9. In the instant case, gifts made were shares in an existing firm. The firm in question continued to be in existence even after the gifts, till the date of the death of the deceased, Subbiah. It is not denied that ever since the gift, the profits accruing from the shares gifted to the two sons of Subbiah were being paid to the donees. All the partners of the firm including the deceased were in management of the firm as partners. In these circumstances, the possession that the donees could have taken in pursuance of the gifts mentioned earlier is only a legal possession. It was not possible for any one of the partners to take physical possession of any portion of the assets of the firm. It is established that the property gifted was in the management of the donees. On the facts of the case, it cannot be said that, after the gifts, the donees did not retain the property gifted to the entire exclusion of the donor or that the donor had any benefit by contract or otherwise in the property gifted. That in order that the property could deem to pass and estate duty could be leviable in such cases, the benefit of the donor must be a benefit referable to the gift and not a benefit referable to his won property. The view, that if it is once found that the deceased had some benefit in the property, that in itself was sufficient to bring the case within the ambit of section 10 irrespective of the question whether that benefit was referable or not referable to the gift, in our opinion, is erroneons.
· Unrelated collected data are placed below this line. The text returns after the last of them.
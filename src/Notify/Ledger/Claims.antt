-- ===== src/Notify/Ledger/Claims.antt =====
-- What the ledgers remember.
use mathlib.Core.Path.{subst}
use transaction_monitoring_s.Prelude.{
  ℕ, ◌+◌, ◌≤◌, ◌≡◌, refl, String, Bool, true, false, Option, none, some, arith, eq_iff, ◌&&◌, List,
  [], ◌∷◌, not, All, length,
}
use transaction_monitoring_s.Notify.Ledger.{
  band_rank, Claim, Key, key_eq, Claims, claim_notification, already_notified,
}

pub key_eq_refl : (k : Key) → key_eq k k ≡ true
unfolding key_eq
key_eq_refl k =
    ground (arith, eq_iff k.network k.network, eq_iff k.subject k.subject, eq_iff k.source k.source)

-- For a band that the system knows, a claim is won exactly when the read-only check would let the
-- alert through, and from then on the check answers yes for the band claimed.
pub claim-already_notified :
    (now : ℕ) (k : Key) (band : String) (m : Claims) {r : ℕ}
    → band_rank band ≡ some r
    → ((claim_notification now k band m).1 ≡ not (already_notified k band m))
      × (already_notified k band (claim_notification now k band m).0 ≡ true)
unfolding claim_notification already_notified
claim-already_notified now k band m h = ground (arith, key_eq_refl k)

-- Ranks that the claims of one key win, in a run of claims for any keys.
pub record Attempt : Type 0 where
  pub at : ℕ
  pub key : Key
  pub band : String

pub key_eq→eq : (a b : Key) → key_eq a b ≡ true → a ≡ b
unfolding key_eq
key_eq→eq a b h =
    ground (arith, eq_iff a.network b.network, eq_iff a.subject b.subject, eq_iff a.source b.source)

-- A won claim adds its rank.
abbrev pub tally : Bool → Option ℕ → List ℕ → List ℕ
tally true (some r) later = r ∷ later
tally _ _ later = later

unfoldable pub won : Key → List Attempt → Claims → List ℕ
won k [] m = []
won k (a ∷ rest) m =
    let (m', granted) = claim_notification a.at a.key a.band m in
    tally (granted && key_eq a.key k) (band_rank a.band) (won k rest m')

-- The least rank that a key can still win.
abbrev pub floor : Option Claim → ℕ
floor none = 0
floor (some c) = c.rank + 1

-- Strictly increasing, from `n`.
abbrev pub Rises : ℕ → List ℕ → Type 0
Rises n [] = Unit
Rises n (r ∷ rs) = (n ≤ r) × Rises (r + 1) rs

floor-granted :
    (now : ℕ) (k : Key) (band : String) (m : Claims) {r : ℕ}
    → band_rank band ≡ some r
    → (claim_notification now k band m).1 ≡ true
    → (floor (m k) ≤ r) × (floor ((claim_notification now k band m).0 k) ≡ r + 1)
unfolding claim_notification
floor-granted now k band m h g = ground (arith, key_eq_refl k)

-- A claim that is not won, or that is for another key, leaves a key's row.
claim-other :
    (now : ℕ) (j k : Key) (band : String) (m : Claims)
    → ((claim_notification now j band m).1 && key_eq j k) ≡ false
    → (claim_notification now j band m).0 k ≡ m k
unfolding claim_notification
claim-other now j k band m h = ground arith

claim-unknown :
    (now : ℕ) (j : Key) (band : String) (m : Claims)
    → band_rank band ≡ none
    → (claim_notification now j band m).0 ≡ m
unfolding claim_notification
claim-unknown now j band m h = ground arith

-- The same, where the key that wins is known by the test.
floor-won :
    (now : ℕ) (j k : Key) (band : String) (m : Claims) {r : ℕ}
    → band_rank band ≡ some r
    → ((claim_notification now j band m).1 && key_eq j k) ≡ true
    → (floor (m k) ≤ r) × (floor ((claim_notification now j band m).0 k) ≡ r + 1)
floor-won now j k band m {r} h g =
    let e : j ≡ k = key_eq→eq j k (ground arith) in
    subst (λ q. (floor (m q) ≤ r) × (floor ((claim_notification now j band m).0 q) ≡ r + 1)) e
      (floor-granted now j band m h (ground arith))

won-step :
    (a : Attempt) (k : Key) (m : Claims) (later : List ℕ) (g : Bool) (o : Option ℕ)
    → band_rank a.band ≡ o
    → ((claim_notification a.at a.key a.band m).1 && key_eq a.key k) ≡ g
    → Rises (floor ((claim_notification a.at a.key a.band m).0 k)) later
    → Rises (floor (m k)) (tally g o later)
won-step a k m later true (some r) h g rises =
    let (low, high) = floor-won a.at a.key k a.band m h g in (low, rw (← high) rises)
won-step a k m later true none h g rises = rw (← claim-unknown a.at a.key a.band m h) rises
won-step a k m later false none h g rises = rw (← claim-other a.at a.key k a.band m g) rises
won-step a k m later false (some r) h g rises = rw (← claim-other a.at a.key k a.band m g) rises

won-Rises-floor : (k : Key) (run : List Attempt) (m : Claims) → Rises (floor (m k)) (won k run m)
unfolding won
won-Rises-floor k [] m = tt
won-Rises-floor k (a ∷ rest) m =
    won-step a k m (won k rest (claim_notification a.at a.key a.band m).0) _ _ refl refl
      (won-Rises-floor k rest (claim_notification a.at a.key a.band m).0)

band_rank-le : (band : String) {r : ℕ} → band_rank band ≡ some r → r ≤ 3
unfolding band_rank
band_rank-le band h = ground arith

tally-le :
    (g : Bool) (o : Option ℕ) (later : List ℕ)
    → ((r : ℕ) → o ≡ some r → r ≤ 3)
    → All (λ r. r ≤ 3) later
    → All (λ r. r ≤ 3) (tally g o later)
tally-le true (some r) later b h = (b r refl, h)
tally-le true none later b h = h
tally-le false none later b h = h
tally-le false (some r) later b h = h

won-le : (k : Key) (run : List Attempt) (m : Claims) → All (λ r. r ≤ 3) (won k run m)
unfolding won
won-le k [] m = tt
won-le k (a ∷ rest) m =
    tally-le _ (band_rank a.band) _ (λ r h. band_rank-le a.band h)
      (won-le k rest (claim_notification a.at a.key a.band m).0)

length_of_Rises :
    (n : ℕ) (rs : List ℕ) → Rises n rs → All (λ r. r ≤ 3) rs → n ≤ 4 → length rs + n ≤ 4
length_of_Rises n [] h a b = omega arith
length_of_Rises n (r ∷ rs) h a b = omega (arith, length_of_Rises (r + 1) rs h.1 a.1 (omega arith))

-- Over any run of claims, for any keys, from empty ledgers and without a prune in between, the
-- claims that one key wins have strictly rising bands, and they are four at most.
pub won-Rises :
    (k : Key) (run : List Attempt)
    → Rises 0 (won k run (λ j. none)) × (length (won k run (λ j. none)) ≤ 4)
won-Rises k run =
    let rises = won-Rises-floor k run (λ j. none) in
    (
      rises,
      omega (
        arith,
        length_of_Rises 0 (won k run (λ j. none)) rises (won-le k run (λ j. none)) (omega arith),
      ),
    )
10. For the reasons mentioned above, we are in agreement with the Tribunal that the gifts with which we are concerned in this case do not come within the ambit of section 10 of the Act. That being so, our answer to the question referred is that, on the facts and circumstances of case, the sum of Rs. 73,695 is not to be included in the computation of estate left by the deceased.
11. The assessee is entitled to his costs of these proceedings from the department. Advocate's fee Rs. 250.